The study has some limitations, including its retrospective design, lack of a control group (non-COVID-19 critically-ill patients), absence of an analysis of muscle mass changes over time, and the absence of serum samples for inflammatory marker measurements. It is also important to note that the length of the analysis, limited to 3 months of follow-up, may have been insufficient to capture long-term complications, as previously shown in studies of myosteatosis and muscle composition in non-COVID-19 critically ill patients, which demonstrated the importance of this biomarker in long-term survival, proving more marked than in acute outcomes[34]. Furthermore, no data was available in the present study on dietary intake, physical activity, socioeconomic status, or nutritional care support, factors which may well have affected SMI, SMD, and outcomes.

In the study cohort, 22.5% of patients died in the short-term.
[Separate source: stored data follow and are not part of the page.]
-- ===== src/Message/Union/Format.antt =====
-- The wire form of a control message, and which messages have one.
use linode_moq.Coding.Framed.{framed_wire}
use linode_moq.Prelude.{ℕ, List, ◌++◌, ◌≡◌, false, length}
use linode_moq.Coding.Varint.Format.{IsVarint, varint_wire}
use linode_moq.Message.SubscribeRange.{is_absolute}
use linode_moq.Message.Union.{
  Message, message_id, subscribe_update, subscribe, unsubscribe, subscribe_ok, subscribe_error,
  subscribe_done, max_subscribe_id, announce, unannounce, announce_ok, announce_error,
  announce_cancel, track_status_request, track_status, go_away, subscribe_namespace,
  subscribe_namespace_ok, subscribe_namespace_error, unsubscribe_namespace, fetch, fetch_cancel,
  fetch_ok, fetch_error,
}
use linode_moq.Message.SubscribeUpdate.{
  SubscribeUpdateFits, subscribe_update_wire, SubscribeUpdateReceived,
}
use linode_moq.Message.Subscribe.{SubscribeFits, subscribe_wire, SubscribeReceived}
use linode_moq.Message.Unsubscribe.{UnsubscribeFits, unsubscribe_wire}
use linode_moq.Message.SubscribeOk.{SubscribeOkFits, subscribe_ok_wire}
use linode_moq.Message.SubscribeError.{SubscribeErrorFits, subscribe_error_wire}
use linode_moq.Message.SubscribeDone.{SubscribeDoneFits, subscribe_done_wire}
use linode_moq.Message.MaxSubscribeId.{MaxSubscribeIdFits, max_subscribe_id_wire}
use linode_moq.Message.Announce.{AnnounceFits, announce_wire}
use linode_moq.Message.Unannounce.{UnannounceFits, unannounce_wire}
use linode_moq.Message.AnnounceOk.{AnnounceOkFits, announce_ok_wire}
use linode_moq.Message.AnnounceError.{AnnounceErrorFits, announce_error_wire}
use linode_moq.Message.AnnounceCancel.{AnnounceCancelFits, announce_cancel_wire}
use linode_moq.Message.TrackStatusRequest.{TrackStatusRequestFits, track_status_request_wire}
use linode_moq.Message.TrackStatus.{TrackStatusFits, track_status_wire}
use linode_moq.Message.GoAway.{GoAwayFits, go_away_wire}
use linode_moq.Message.SubscribeNamespace.{SubscribeNamespaceFits, subscribe_namespace_wire}
use linode_moq.Message.SubscribeNamespaceOk.{SubscribeNamespaceOkFits, subscribe_namespace_ok_wire}
use linode_moq.Message.SubscribeNamespaceError.{
  SubscribeNamespaceErrorFits, subscribe_namespace_error_wire,
}
use linode_moq.Message.UnsubscribeNamespace.{UnsubscribeNamespaceFits, unsubscribe_namespace_wire}
use linode_moq.Message.Fetch.{FetchFits, fetch_wire}
use linode_moq.Message.FetchCancel.{FetchCancelFits, fetch_cancel_wire}
use linode_moq.Message.FetchOk.{FetchOkFits, fetch_ok_wire}
use linode_moq.Message.FetchError.{FetchErrorFits, fetch_error_wire}

abbrev pub BodyFits : Message → Type 0
BodyFits (subscribe_update m) = SubscribeUpdateFits m
BodyFits (subscribe m) = SubscribeFits m
BodyFits (unsubscribe m) = UnsubscribeFits m
BodyFits (subscribe_ok m) = SubscribeOkFits m
BodyFits (subscribe_error m) = SubscribeErrorFits m
BodyFits (subscribe_done m) = SubscribeDoneFits m
BodyFits (max_subscribe_id m) = MaxSubscribeIdFits m
BodyFits (announce m) = AnnounceFits m
BodyFits (unannounce m) = UnannounceFits m
BodyFits (announce_ok m) = AnnounceOkFits m
BodyFits (announce_error m) = AnnounceErrorFits m
BodyFits (announce_cancel m) = AnnounceCancelFits m
BodyFits (track_status_request m) = TrackStatusRequestFits m
BodyFits (track_status m) = TrackStatusFits m
BodyFits (go_away m) = GoAwayFits m
BodyFits (subscribe_namespace m) = SubscribeNamespaceFits m
BodyFits (subscribe_namespace_ok m) = SubscribeNamespaceOkFits m
BodyFits (subscribe_namespace_error m) = SubscribeNamespaceErrorFits m
BodyFits (unsubscribe_namespace m) = UnsubscribeNamespaceFits m
BodyFits (fetch m) = FetchFits m
BodyFits (fetch_cancel m) = FetchCancelFits m
BodyFits (fetch_ok m) = FetchOkFits m
BodyFits (fetch_error m) = FetchErrorFits m

unfoldable pub body_wire : Message → List ℕ
body_wire (subscribe_update m) = subscribe_update_wire m
body_wire (subscribe m) = subscribe_wire m
body_wire (unsubscribe m) = unsubscribe_wire m
body_wire (subscribe_ok m) = subscribe_ok_wire m
body_wire (subscribe_error m) = subscribe_error_wire m
body_wire (subscribe_done m) = subscribe_done_wire m
body_wire (max_subscribe_id m) = max_subscribe_id_wire m
body_wire (announce m) = announce_wire m
body_wire (unannounce m) = unannounce_wire m
body_wire (announce_ok m) = announce_ok_wire m
body_wire (announce_error m) = announce_error_wire m
body_wire (announce_cancel m) = announce_cancel_wire m
body_wire (track_status_request m) = track_status_request_wire m
body_wire (track_status m) = track_status_wire m
body_wire (go_away m) = go_away_wire m
body_wire (subscribe_namespace m) = subscribe_namespace_wire m
body_wire (subscribe_namespace_ok m) = subscribe_namespace_ok_wire m
body_wire (subscribe_namespace_error m) = subscribe_namespace_error_wire m
body_wire (unsubscribe_namespace m) = unsubscribe_namespace_wire m
body_wire (fetch m) = fetch_wire m
body_wire (fetch_cancel m) = fetch_cancel_wire m
body_wire (fetch_ok m) = fetch_ok_wire m
body_wire (fetch_error m) = fetch_error_wire m

-- The body fits its format, and its length fits 62 bits.
pub record MessageFits (m : Message) : Type 0 where
  pub body : BodyFits m
  pub size : IsVarint (length (body_wire m))

unfoldable pub message_wire : Message → List ℕ
message_wire m = varint_wire (message_id m) ++ framed_wire (body_wire m)

-- No subscription from or up to a place in the past: such a one is not read incrementally.
abbrev pub IsStreamable : Message → Type 0
IsStreamable (subscribe_update m) = is_absolute m.filter_type ≡ false
IsStreamable (subscribe m) = is_absolute m.filter_type ≡ false
IsStreamable _ = Unit

-- What the decoder returns.
abbrev pub MessageReceived : Message → Type 0
MessageReceived (subscribe_update m) = SubscribeUpdateReceived m
MessageReceived (subscribe m) = SubscribeReceived m
MessageReceived m = BodyFits m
Consistent with previous studies, mortality rates in patients hospitalized due to COVID-19 in Brazil ranged from 21.7 to 47.3%[52,53] versus mortality rates globally of 8 to 21% in patients hospitalized for SARS-CoV-2 pneumonia[54-57]. Therefore, the study results need to be further validated in other countries to increase generalizability.

Conclusions

In the present study cohort, a low SMD (irrespective of being a pre-existing condition or a phenotype induced by COVID-19), high NLR, and a combination of these two pro-inflammatory factors, at diagnosis for SARS-Cov-2 infection predicted the severity of COVID-19. To our knowledge, this is the first study investigating the impact of both parameters on COVID-19 clinical outcomes. This new prognostic biomarker may help identify patients at risk for poorer outcomes at an early stage of COVID-19, and further studies are warranted to address its value as a predictive biomarker for COVID-19 therapeutic interventions.